Hattie Stillday listened, and when he finished, she said, “I’d kill for a cigarette right now, Corkie.”

“Sorry, Hattie,” Cork said. He leaned toward her across the table in the interview room of the Tamarack County Sheriff’s Department. “All these years, you knew what happened, you and the others.”

Hattie smiled gently. “We knew more than that. We knew what would happen. Henry said that someday the spirits in that old mine would reach out and herd you toward the truth. We all hoped it would be a time when you might be able to understand.”

“For my sake?”

“Ours, too. Hell, wasn’t any of us looking forward to what would happen if everything came to light. Some pretty dark doings.”

“But you had nothing to do with them, Hattie.”

“Wasn’t by design. I was fully prepared to end that woman’s existence. Your father just got there ahead of me. Ahead of us all. We were all guilty of intent.”

She reached out and took his hands in her own, which were old but strong yet.

“Corkie, what are you going to do?”

“I have to tell them, Hattie.”

“Why?”

“Because it’s what happened. Because it’s the truth.”

She shook her head in mild disapproval. “You’re so like your father. Except that everything he knew he took with him to his grave.”

“He didn’t die a happy man, Hattie.”

“Maybe not. But he died a good man. The whites back then, they wouldn’t have understood. The whites now, I don’t know.” She paused, and her dark, careworn eyes seemed to pierce him. “Do you understand, Corkie?”

He knew what she was asking. He thought about the men and women involved in bringing an end to the butchery of Indigo Broom and Monique Cavanaugh. He’d known them his whole life, known them as good people. The Vanishings had driven them to actions that most good people would have seen as unthinkable; yet he believed this hadn’t changed who they were at heart. Max Cavanaugh probably had it right. Sometimes, for the greater good, you chose to do harm and hope that you could find your way to forgiveness. His mother and Sam Winter Moon and Henry Meloux and Hattie Stillday and the others, they’d found that way, and for the rest of their lives had chosen to feed a different wolf. His father had died too soon, died without coming to terms with what he’d done, with the things he thought too dark for his young son to have to deal with.

“Yeah, Hattie,” he finally replied. “I do.”

“Are you going tell them about Ophelia?”

This was a question Cork had considered long and hard, and there was no easy answer. There was the law, which he’d worked to enforce most of his life. And there was justice, which he believed in deeply. And there was what was right according to his heart. And these were not the same things. Any decision he made would not satisfy them all.

“No,” he said.

“You can live with that, but you can’t live with the truth of what your father did, is that it?”

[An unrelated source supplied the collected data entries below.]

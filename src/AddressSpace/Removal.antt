-- ===== src/AddressSpace/Removal.antt =====
-- What unmapping a region leaves of the regions that are apart.
use vart.Common.{
  ℕ, ◌≡◌, inl, inr, some, List, [], ◌∷◌, ◌==◌, Bool-cases, remove_first, remove_first-cons,
  remove_first-hit, remove_first-nil, remove_first-All,
}
use vart.AddressSpace.Defs.{Region}
use vart.AddressSpace.Invariant.{Apart, AllApart}

pub remove_first-AllApart :
    (regions : ℕ → Region) (r : ℕ) (qs rest : List ℕ)
    → remove_first r qs ≡ some rest
    → AllApart regions qs
    → AllApart regions rest
remove_first-AllApart regions r [] rest e h = absurd (remove_first-nil r rest e)
remove_first-AllApart regions r (q ∷ qs) rest e h = elim (Bool-cases (q == r)) [
  | inl hit ↦ rw (remove_first-hit r q qs rest hit e) h.1
  | inr ne ↦
      let (ps, f, g) = remove_first-cons r q qs rest ne e in
      rw g (
        remove_first-All (λ p. Apart (regions q) (regions p)) r qs ps f h.0,
        remove_first-AllApart regions r qs ps f h.1,
      )
]
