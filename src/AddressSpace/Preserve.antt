-- ===== src/AddressSpace/Preserve.antt =====
-- The operations of address-space.c keep the invariant.
use vart.Common.{
  ℕ, ◌≡◌, refl, sym, ◌∙◌, subst, ◌≢◌, ◌↔◌, ◌⊎◌, inl, inr, Bool, false, Option, none, some, List, [],
  ◌∷◌, ◌++◌, arith, ℕ_discrete, ◌==◌, Bool-cases, Option-cases, ==_refl, ==_ne, err, length, In,
  All-append, Errno, done, Result-cases, update, remove_first, In-append, Once-append,
  remove_first-All, remove_first-In, remove_first-Once, remove_first-some,
}
use vart.AddressSpace.Defs.{Region, World}
use vart.AddressSpace.Ranges.{IsRegion}
use vart.AddressSpace.Ops.{clashes, add, remove, grow}
use vart.AddressSpace.Invariant.{
  IsMapped, IsWell, SameShape, IsRegion-same, AllApart-same, clashes-Apart, AllApart-append,
}
use vart.AddressSpace.Removal.{remove_first-AllApart}

module _ (regions : ℕ → Region) (r : ℕ) where
  -- The regions after `r`'s link is set to `link`.
  abbrev pub relinked : Option ℕ → ℕ → Region
  relinked link = update regions r (record (regions r) { address_space = link })

  SameShape-relinked : (link : Option ℕ) → SameShape regions (relinked link)
  SameShape-relinked link q = ground arith

  relinked_self : (link : Option ℕ) → (relinked link r).address_space ≡ link
  relinked_self link = ground arith

  relinked_ne :
      (link : Option ℕ) (q : ℕ)
      → q ≢ r
      → (relinked link q).address_space ≡ (regions q).address_space
  relinked_ne link q n = ground arith

  -- A space that neither gains nor loses `r` stays as it is.
  IsMapped-other :
      (t : ℕ) (mapped : List ℕ) (link : Option ℕ)
      → (regions r).address_space ≢ some t
      → link ≢ some t
      → IsMapped regions t mapped
      → IsMapped (relinked link) t mapped
  IsMapped-other t mapped link n m v = record {
    valid = IsRegion-same regions (relinked link) (SameShape-relinked link) mapped v.valid;
    apart = AllApart-same regions (relinked link) (SameShape-relinked link) mapped v.apart;
    once = v.once;
    linked = λ q. elim (ℕ_discrete q r) [
      | yes e ↦
          rw e
            ((λ i. absurd (n ((v.linked r).0 i))), (λ l. absurd (m (sym (relinked_self link) ∙ l))))
      | no d ↦ (
        (λ i. relinked_ne link q d ∙ (v.linked q).0 i),
        (λ l. (v.linked q).1 (sym (relinked_ne link q d) ∙ l)),
      )
    ];
  }

  IsMapped-add :
      (s : ℕ) (mapped : List ℕ)
      → (regions r).address_space ≡ none
      → IsRegion (regions r)
      → clashes regions (regions r) mapped ≡ false
      → IsMapped regions s mapped
      → IsMapped (relinked (some s)) s (mapped ++ r ∷ [])
  IsMapped-add s mapped free fresh clear v = record {
    valid =
        IsRegion-same regions (relinked (some s)) (SameShape-relinked (some s)) (mapped ++ r ∷ [])
          (All-append (λ q. IsRegion (regions q)) mapped (r ∷ []) v.valid (fresh, tt));
    apart =
        AllApart-same regions (relinked (some s)) (SameShape-relinked (some s)) (mapped ++ r ∷ []) (
          AllApart-append regions mapped r v.apart
            (clashes-Apart regions (regions r) mapped fresh v.valid clear));
    once = Once-append mapped r v.once absent;
    linked = λ q. elim (ℕ_discrete q r) [
      | yes e ↦ rw e ((λ i. relinked_self (some s)), (λ l. (In-append mapped r r).1 (inr refl)))
      | no d ↦ (
        (λ i. relinked_ne (some s) q d ∙ (v.linked q).0 (earlier q d ((In-append mapped r q).0 i))),
        (λ l. (In-append mapped r q).1 (inl ((v.linked q).1 (sym (relinked_ne (some s) q d) ∙ l)))),
      )
    ];
  }
    where
      absent : ¬ In r mapped
      absent i = let e : (regions r).address_space ≡ some s = (v.linked r).0 i in cc

      earlier : (q : ℕ) → q ≢ r → In q mapped ⊎ (q ≡ r) → In q mapped
      earlier q d (inl i) = i
      earlier q d (inr e) = absurd (d e)

  IsMapped-remove :
      (s : ℕ) (mapped rest : List ℕ)
      → remove_first r mapped ≡ some rest
      → IsMapped regions s mapped
      → IsMapped (relinked none) s rest
  IsMapped-remove s mapped rest e v = record {
    valid =
        IsRegion-same regions (relinked none) (SameShape-relinked none) rest
          (remove_first-All (λ q. IsRegion (regions q)) r mapped rest e v.valid);
    apart =
        AllApart-same regions (relinked none) (SameShape-relinked none) rest
          (remove_first-AllApart regions r mapped rest e v.apart);
    once = remove_first-Once r mapped rest e v.once;
    linked = λ q. elim (ℕ_discrete q r) [
      | yes d ↦ (
        (λ i. absurd (((remove_first-In r mapped rest e v.once q).0 i).1 d)),
        (λ l.
            let z : (relinked none r).address_space ≡ some s =
              subst (λ p. (relinked none p).address_space ≡ some s) d l in
            absurd (unlinked z)),
      )
      | no d ↦ (
        (λ i.
            relinked_ne none q d
            ∙ (v.linked q).0 ((remove_first-In r mapped rest e v.once q).0 i).0),
        (λ l.
            (remove_first-In r mapped rest e v.once q).1
              ((v.linked q).1 (sym (relinked_ne none q d) ∙ l), d)),
      )
    ];
  }
    where
      unlinked : (relinked none r).address_space ≡ some s → ⊥
      unlinked z = let h : (relinked none r).address_space ≡ none = relinked_self none in cc

module _ {D : Type 0} (w : World D) where
  -- The world after a successful `vart_address_space_add` or `vart_address_space_remove`.
  abbrev pub added : ℕ → ℕ → ℕ → World D
  added s r capacity = record w {
    region = relinked w.region r (some s);
    space =
        update w.space s
          (record (w.space s) { regions = (w.space s).regions ++ r ∷ []; capacity = capacity });
  }

  abbrev pub removed : ℕ → ℕ → List ℕ → World D
  removed s r rest = record w {
    region = relinked w.region r none;
    space = update w.space s (record (w.space s) { regions = rest });
  }

  -- Adding fails and changes nothing, or links a free region that clashes with none.
  pub add-cases :
      (s r : ℕ) (allocated : Bool)
      → ((e : Errno) × (add w (some s) (some r) allocated ≡ (w, err e)))
        ⊎ ((capacity : ℕ) × ((w.region r).address_space ≡ none)
            × (clashes w.region (w.region r) (w.space s).regions ≡ false)
            × (add w (some s) (some r) allocated ≡ (added s r capacity, done)))
  unfolding add
  add-cases s r allocated = elim (Option-cases (w.region r).address_space) [
    | inr (t, e) ↦ inl (Errno.ealready, ground arith)
    | inl free ↦ elim (Bool-cases (clashes w.region (w.region r) (w.space s).regions)) [
      | inl clash ↦ inl (Errno.eexist, ground arith)
      | inr clear ↦
          elim (Result-cases (grow (length (w.space s).regions) (w.space s).capacity allocated 8)) [
            | inl (capacity, g) ↦ inr (capacity, free, clear, ground arith)
            | inr (e, g) ↦ inl (e, ground arith)
          ]
    ]
  ]

  pub remove-cases :
      (s r : ℕ)
      → (remove w (some s) (some r) ≡ (w, err Errno.enoent))
        ⊎ ((rest : List ℕ) × ((w.region r).address_space ≡ some s)
            × (remove_first r (w.space s).regions ≡ some rest)
            × (remove w (some s) (some r) ≡ (removed s r rest, done)))
  unfolding remove
  remove-cases s r = elim (Option-cases (w.region r).address_space) [
    | inl free ↦ inl (ground arith)
    | inr (t, l) ↦ elim (Bool-cases (t == s)) [
      | inr ne ↦ inl (ground arith)
      | inl hit ↦ elim (Option-cases (remove_first r (w.space s).regions)) [
        | inl n ↦ inl (ground arith)
        | inr (rest, e) ↦ inr (rest, ground arith, e, ground arith)
      ]
    ]
  ]

  added-IsWell :
      (s r capacity : ℕ)
      → (w.region r).address_space ≡ none
      → clashes w.region (w.region r) (w.space s).regions ≡ false
      → IsRegion (w.region r)
      → IsWell w
      → IsWell (added s r capacity)
  added-IsWell s r capacity free clear fresh v = record {
    mapped = λ t. elim (ℕ_discrete t s) [
      | yes e ↦ rw (e, ==_refl) (IsMapped-add w.region r s _ free fresh clear (v.mapped s))
      | no d ↦
          rw (==_ne s t (λ e. d (sym e)))
            (IsMapped-other w.region r t _ (some s) (λ l. cc) (λ l. d (ground arith)) (v.mapped t))
    ];
  }

  removed-IsWell :
      (s r : ℕ) (rest : List ℕ)
      → (w.region r).address_space ≡ some s
      → remove_first r (w.space s).regions ≡ some rest
      → IsWell w
      → IsWell (removed s r rest)
  removed-IsWell s r rest l e v = record {
    mapped = λ t. elim (ℕ_discrete t s) [
      | yes h ↦ rw (h, ==_refl) (IsMapped-remove w.region r s _ rest e (v.mapped s))
      | no d ↦
          rw (==_ne s t (λ h. d (sym h)))
            (IsMapped-other w.region r t _ none (λ h. d (ground arith)) (λ h. cc) (v.mapped t))
    ];
  }

  -- `vart_address_space_add` keeps every address space well formed, whatever it returns, if the
  -- region that it is given passed `vart_address_region_init`: a region that overlaps one of its own
  -- priority, or is mapped already, never gets in.
  pub add-IsWell :
      (s r : ℕ) (allocated : Bool)
      → IsRegion (w.region r)
      → IsWell w
      → IsWell (add w (some s) (some r) allocated).0
  add-IsWell s r allocated fresh v = elim (add-cases s r allocated) [
    | inl (e, h) ↦ rw h v
    | inr (capacity, free, clear, h) ↦ rw h (added-IsWell s r capacity free clear fresh v)
  ]

  -- `vart_address_space_remove` keeps every address space well formed, whatever it returns.
  pub remove-IsWell : (s r : ℕ) → IsWell w → IsWell (remove w (some s) (some r)).0
  remove-IsWell s r v = elim (remove-cases s r) [
    | inl h ↦ rw h v
    | inr (rest, l, e, h) ↦ rw h (removed-IsWell s r rest l e v)
  ]

  -- Where the spaces are well formed, removing a region succeeds exactly when its link names the
  -- space: the search through the array never fails on a linked region.
  pub remove-succeeds :
      (s r : ℕ)
      → IsWell w
      → ((remove w (some s) (some r)).1 ≡ done) ↔ ((w.region r).address_space ≡ some s)
  unfolding remove
  remove-succeeds s r v = (
    (λ h. elim (remove-cases s r) [ inl e ↦ absurd (refused e h) | inr (rest, l, e, f) ↦ l ]),
    (λ l. elim (remove-cases s r) [ inl e ↦ absurd (found l e) | inr (rest, _, e, f) ↦ rw f ]),
  )
    where
      refused :
          remove w (some s) (some r) ≡ (w, err Errno.enoent)
          → (remove w (some s) (some r)).1 ≡ done
          → ⊥
      refused e h = ground arith

      found :
          (w.region r).address_space ≡ some s
          → remove w (some s) (some r) ≡ (w, err Errno.enoent)
          → ⊥
      found l e =
          let (rest, f) = remove_first-some r _ (((v.mapped s).linked r).1 l) in ground arith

“I know you don’t understand, Hattie. But I think my father would.”

She let go of his hands, sat back slowly, and Cork couldn’t read the look on her face. “Yesterday, I had a visitor. Isaiah Broom.”

“Broom came here? What did he want?”

“To talk to me about the Vanishings. And about his mother.”

“He knows the truth?”

“Part of it. The part that will help him understand who she was and that she loved him and would never have deserted him. That was important for him to know. And something else, Corkie.”